◆ Given records ◆
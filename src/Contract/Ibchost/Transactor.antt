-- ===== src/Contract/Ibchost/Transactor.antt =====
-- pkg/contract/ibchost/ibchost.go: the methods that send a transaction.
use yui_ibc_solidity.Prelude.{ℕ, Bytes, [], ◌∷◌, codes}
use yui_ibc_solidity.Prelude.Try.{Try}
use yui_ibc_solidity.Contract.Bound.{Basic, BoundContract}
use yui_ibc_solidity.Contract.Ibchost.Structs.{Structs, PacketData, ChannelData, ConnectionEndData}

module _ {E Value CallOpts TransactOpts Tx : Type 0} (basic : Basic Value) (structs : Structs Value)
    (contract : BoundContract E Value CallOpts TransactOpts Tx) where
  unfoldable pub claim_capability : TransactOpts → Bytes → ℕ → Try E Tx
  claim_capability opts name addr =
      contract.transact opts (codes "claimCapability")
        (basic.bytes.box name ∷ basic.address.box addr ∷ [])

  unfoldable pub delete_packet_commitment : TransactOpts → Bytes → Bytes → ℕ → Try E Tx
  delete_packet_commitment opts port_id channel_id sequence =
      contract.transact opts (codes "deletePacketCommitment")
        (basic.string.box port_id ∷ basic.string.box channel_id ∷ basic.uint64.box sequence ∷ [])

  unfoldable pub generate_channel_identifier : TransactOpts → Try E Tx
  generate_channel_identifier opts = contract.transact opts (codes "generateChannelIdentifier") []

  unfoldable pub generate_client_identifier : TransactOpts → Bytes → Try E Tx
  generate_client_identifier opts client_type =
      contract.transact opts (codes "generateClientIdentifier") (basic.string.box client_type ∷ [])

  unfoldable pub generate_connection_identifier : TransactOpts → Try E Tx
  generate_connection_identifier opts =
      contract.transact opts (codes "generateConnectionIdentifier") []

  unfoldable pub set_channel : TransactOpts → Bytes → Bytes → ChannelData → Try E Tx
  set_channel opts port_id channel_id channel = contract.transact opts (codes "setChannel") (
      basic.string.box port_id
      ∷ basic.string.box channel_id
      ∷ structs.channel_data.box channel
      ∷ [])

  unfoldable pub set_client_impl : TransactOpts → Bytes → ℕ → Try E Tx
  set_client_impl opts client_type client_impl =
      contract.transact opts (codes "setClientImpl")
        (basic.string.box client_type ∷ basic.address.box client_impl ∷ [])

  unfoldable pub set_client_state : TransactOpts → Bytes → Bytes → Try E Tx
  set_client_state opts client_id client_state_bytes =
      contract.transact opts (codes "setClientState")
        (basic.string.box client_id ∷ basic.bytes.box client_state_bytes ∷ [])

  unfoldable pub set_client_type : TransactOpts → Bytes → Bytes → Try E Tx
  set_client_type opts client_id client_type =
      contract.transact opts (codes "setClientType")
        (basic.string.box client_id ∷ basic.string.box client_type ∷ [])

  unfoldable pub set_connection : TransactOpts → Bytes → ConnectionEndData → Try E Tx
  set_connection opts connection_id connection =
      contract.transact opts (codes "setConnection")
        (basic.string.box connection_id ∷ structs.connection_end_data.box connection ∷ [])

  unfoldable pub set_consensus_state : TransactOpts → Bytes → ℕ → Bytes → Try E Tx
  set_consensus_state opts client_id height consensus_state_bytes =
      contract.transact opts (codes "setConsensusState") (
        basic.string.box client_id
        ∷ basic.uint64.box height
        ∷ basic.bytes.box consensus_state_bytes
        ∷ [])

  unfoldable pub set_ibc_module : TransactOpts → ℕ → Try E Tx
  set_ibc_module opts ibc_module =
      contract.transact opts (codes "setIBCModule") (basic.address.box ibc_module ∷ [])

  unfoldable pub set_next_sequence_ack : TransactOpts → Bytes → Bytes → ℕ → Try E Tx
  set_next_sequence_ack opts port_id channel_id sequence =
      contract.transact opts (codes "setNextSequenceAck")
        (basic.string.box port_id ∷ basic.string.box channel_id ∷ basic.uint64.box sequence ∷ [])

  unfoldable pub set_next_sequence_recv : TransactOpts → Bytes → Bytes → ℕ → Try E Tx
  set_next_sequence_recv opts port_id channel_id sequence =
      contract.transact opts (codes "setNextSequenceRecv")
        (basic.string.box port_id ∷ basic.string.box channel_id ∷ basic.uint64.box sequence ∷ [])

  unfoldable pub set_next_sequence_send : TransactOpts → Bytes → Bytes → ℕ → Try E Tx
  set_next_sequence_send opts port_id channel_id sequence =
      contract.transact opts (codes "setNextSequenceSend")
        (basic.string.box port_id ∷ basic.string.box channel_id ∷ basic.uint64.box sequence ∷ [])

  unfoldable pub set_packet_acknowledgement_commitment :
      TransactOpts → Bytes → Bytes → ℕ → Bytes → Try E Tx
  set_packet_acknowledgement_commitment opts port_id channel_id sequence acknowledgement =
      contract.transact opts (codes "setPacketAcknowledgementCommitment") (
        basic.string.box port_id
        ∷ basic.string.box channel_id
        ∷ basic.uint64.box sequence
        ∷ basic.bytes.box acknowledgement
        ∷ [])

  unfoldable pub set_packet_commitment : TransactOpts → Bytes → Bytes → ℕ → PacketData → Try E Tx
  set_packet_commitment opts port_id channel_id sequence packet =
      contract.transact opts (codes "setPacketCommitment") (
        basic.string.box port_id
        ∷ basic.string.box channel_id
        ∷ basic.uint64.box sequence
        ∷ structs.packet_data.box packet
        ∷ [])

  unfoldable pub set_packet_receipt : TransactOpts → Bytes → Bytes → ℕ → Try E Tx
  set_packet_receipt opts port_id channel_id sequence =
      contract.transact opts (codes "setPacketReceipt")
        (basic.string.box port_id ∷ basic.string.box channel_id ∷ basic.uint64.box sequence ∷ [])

◆ What needs to be done ◆
Among the lines of the records, copy out each one that contains the word "Prelude".

◆ Exercise answer ◆
use yui_ibc_solidity.Prelude.{ℕ, Bytes, [], ◌∷◌, codes}
use yui_ibc_solidity.Prelude.Try.{Try}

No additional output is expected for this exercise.